Quick Navigation: A | C | E | F | G | H | I | L | M | O | P | R | S | T | U | W

A#

Alerting Rules#

Rules in Prometheus that define condition-based alerts. When conditions are met, alerts are sent to Alertmanager.

Alertmanager#

A component that receives alerts from Prometheus and groups, inhibits, and routes them.

C#

Cardinality#

The number of unique time series. Higher cardinality occurs with more label combinations.

Context Propagation#

A mechanism for passing Trace ID and Span ID between services in distributed systems.

Counter#

A monotonically increasing metric type. Used for request counts, error counts, etc. Calculate rate of change with rate() function.

E#

Exemplar#

A trace sample linked to a metric. Allows direct navigation from metrics to related traces.

Exporter#

A component that exposes application/system metrics in Prometheus format.

F#

Four Golden Signals#

Four core metrics proposed by Google SRE: Latency, Traffic, Errors, Saturation.

G#

Gauge#

A metric type representing current value. Can increase/decrease. Used for CPU usage, temperature, etc.

H#

Histogram#

A metric type that measures value distribution in buckets. Used for measuring response time distribution. Calculate percentiles with histogram_quantile().

I#

Instrumentation#

Adding observability data collection code to applications. Can be automatic or manual instrumentation.

irate()#

A PromQL function that calculates instantaneous rate using only the last two samples.

L#

Label#

Key-value metadata attached to metrics.
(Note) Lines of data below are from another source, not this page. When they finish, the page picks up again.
-- ===== src/Backup/Cache/Reader/Tests.antt =====
-- A store that fails on the first request, and a cache that holds another object.
use prose_pod_server.Common.{◌≡◌, refl, Bool, true, [], ◌∷◌, Text, text, text_dec, starts_with, ◌⊎◌}
use prose_pod_server.Backup.Store.{ReadObjectError, other, object_not_found, Result, ok, err}
use prose_pod_server.Backup.Cache.Reader.{
  CachedFiles, in_cache, contents_at, join_path, find_cached, on_cached, cached_reader,
}
use prose_pod_server.Backup.Cache.Reader.Leftover.{cached_reader-leftover}
use prose_pod_server.Backup.Cache.Reader.Source.{IsReading, IsCaching, cached_reader-ok}

abbrev start : CachedFiles
start = record {
  cached = record {
    entries = record { key = text "a"; path = text "/c/a"; size = 1 } ∷ [];
    total_size = 1;
  };
  files = (text "/c/a", 7 ∷ []) ∷ [];
}

abbrev failing : Text → Result ReadObjectError Text
failing key = err object_not_found

abbrev working : Text → Result ReadObjectError Text
working key = ok (8 ∷ [])

abbrev anywhere : Text → Bool
anywhere path = true

cached_reader-leftover_example :
    (s' : CachedFiles) × (cached_reader failing anywhere (text "/c") (text "b") start
      ≡ (err object_not_found, s'))
    × (cached_reader working anywhere (text "/c") (text "b") s' ≡ (err other, s'))
unfolding join_path contents_at starts_with text_dec
cached_reader-leftover_example =
    cached_reader-leftover anywhere (text "/c") (text "b") start failing working object_not_found
      (refl, tt) refl refl refl

cached_reader-ok_test :
    IsReading {R = Text} (text "a") start (in_cache (7 ∷ []) (text "/c/a")) start
    ⊎ IsCaching working (text "a") (text "/c/a") start (in_cache (7 ∷ []) (text "/c/a")) start
unfolding cached_reader on_cached find_cached contents_at join_path starts_with text_dec
cached_reader-ok_test =
    cached_reader-ok working anywhere (text "/c") (text "a") start start
      (in_cache (7 ∷ []) (text "/c/a")) refl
Used for filtering and grouping.

LogQL#

Grafana Loki’s query language. Similar syntax to PromQL.

Loki#

Grafana’s log collection system. Lightweight with label-based indexing.

M#

Micrometer#

A metrics facade for JVM applications. Supports various backends like Prometheus, Datadog.

O#

OpenTelemetry (OTel)#

A vendor-neutral observability standard framework for metrics, logs, and traces.

OTLP#

OpenTelemetry Protocol. A standard protocol for transmitting observability data.

P#

Percentile#

A value below which a certain percentage of data falls in the distribution. P99 = 99% of values are below this.

PromQL#

Prometheus Query Language. A language for querying and analyzing time series data.

Pull Model#

A method where Prometheus actively scrapes targets for metrics (opposite of Push).

R#

rate()#

A PromQL function that calculates the average per-second rate of increase for Counters.

Recording Rules#

Prometheus rules that pre-calculate complex queries and store them as new metrics.

RED Method#

A microservice monitoring methodology measuring Rate, Errors, Duration.

S#

Sampling#

A technique that stores only a portion of all traces. Used for cost optimization.

Scrape#

The act of Prometheus collecting metrics from targets.
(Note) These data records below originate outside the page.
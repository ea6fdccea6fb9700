-- ===== src/Backup/Cache/Tests.antt =====
-- A cache of at most ten bytes that holds two objects.
use prose_pod_server.Common.{ℕ, ◌≡◌, refl, Option, some, List, [], ◌∷◌, ◌++◌, text, arith, text_dec}
use prose_pod_server.Backup.Cache.{CacheEntry, StoreCache, cache, remove, purge, push_back}
use prose_pod_server.Backup.Cache.Invariant.{
  IsConsistent, cache-IsConsistent, remove-without, without,
}
use prose_pod_server.Backup.Cache.Eviction.{Needed, find, cache_evicts}

abbrev first : CacheEntry
first = record { key = text "a"; path = text "/c/a"; size = 4 }

abbrev second : CacheEntry
second = record { key = text "b"; path = text "/c/b"; size = 5 }

abbrev third : CacheEntry
third = record { key = text "c"; path = text "/c/c"; size = 3 }

abbrev two_objects : StoreCache
two_objects = record { entries = first ∷ second ∷ []; total_size = 9 }

abbrev ten : Option ℕ
ten = some 10

two_objects-IsConsistent : IsConsistent ten two_objects
unfolding text_dec
two_objects-IsConsistent = record {
  counted = refl;
  distinct = (refl, (refl, tt));
  within = omega arith;
}

cache-third : cache ten third two_objects ≡ record { entries = second ∷ third ∷ []; total_size = 8 }
unfolding cache purge push_back text_dec
cache-third = refl

cache-IsConsistent_example : IsConsistent ten (cache ten third two_objects)
cache-IsConsistent_example =
    cache-IsConsistent ten third two_objects two_objects-IsConsistent (omega arith)

remove-without_test :
    ((remove (text "a") two_objects).entries ≡ without (text "a") two_objects.entries)
    × IsConsistent ten (remove (text "a") two_objects)
remove-without_test = remove-without ten (text "a") two_objects two_objects-IsConsistent

cache_evicts_example :
    (gone : List CacheEntry) × (kept : List CacheEntry) × (two_objects.entries ≡ gone ++ kept)
    × ((cache ten third two_objects).entries ≡ kept ++ third ∷ [])
    × Needed 10 3 gone kept
    × (find (text "c") (cache ten third two_objects).entries ≡ some third)
unfolding text_dec
cache_evicts_example =
    cache_evicts 10 third two_objects two_objects-IsConsistent (omega arith) refl (omega arith)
Service Level Indicator (SLI)#

A metric that measures service level. Example: P99 response time, error rate.

Service Level Objective (SLO)#

Target values for SLIs. Example: P99 < 500ms, 99.9% availability.

Span#

A single unit of work in distributed tracing. A Trace consists of multiple Spans.

T#

Tail-based Sampling#

A sampling method that prioritizes storing errors/slow requests after request completion.

Tempo#

Grafana’s distributed tracing backend. Optimized for large-scale trace storage.

Three Pillars#

The three pillars of Observability: Metrics, Logs, Traces.

Trace#

The complete path of a single request through a distributed system. Consists of multiple Spans.

Trace ID#

A unique ID identifying a trace. All Spans share the same Trace ID.

U#

USE Method#

A resource monitoring methodology measuring Utilization, Saturation, Errors.

W#

W3C Trace Context#

An HTTP header standard for distributed tracing. Uses traceparent header.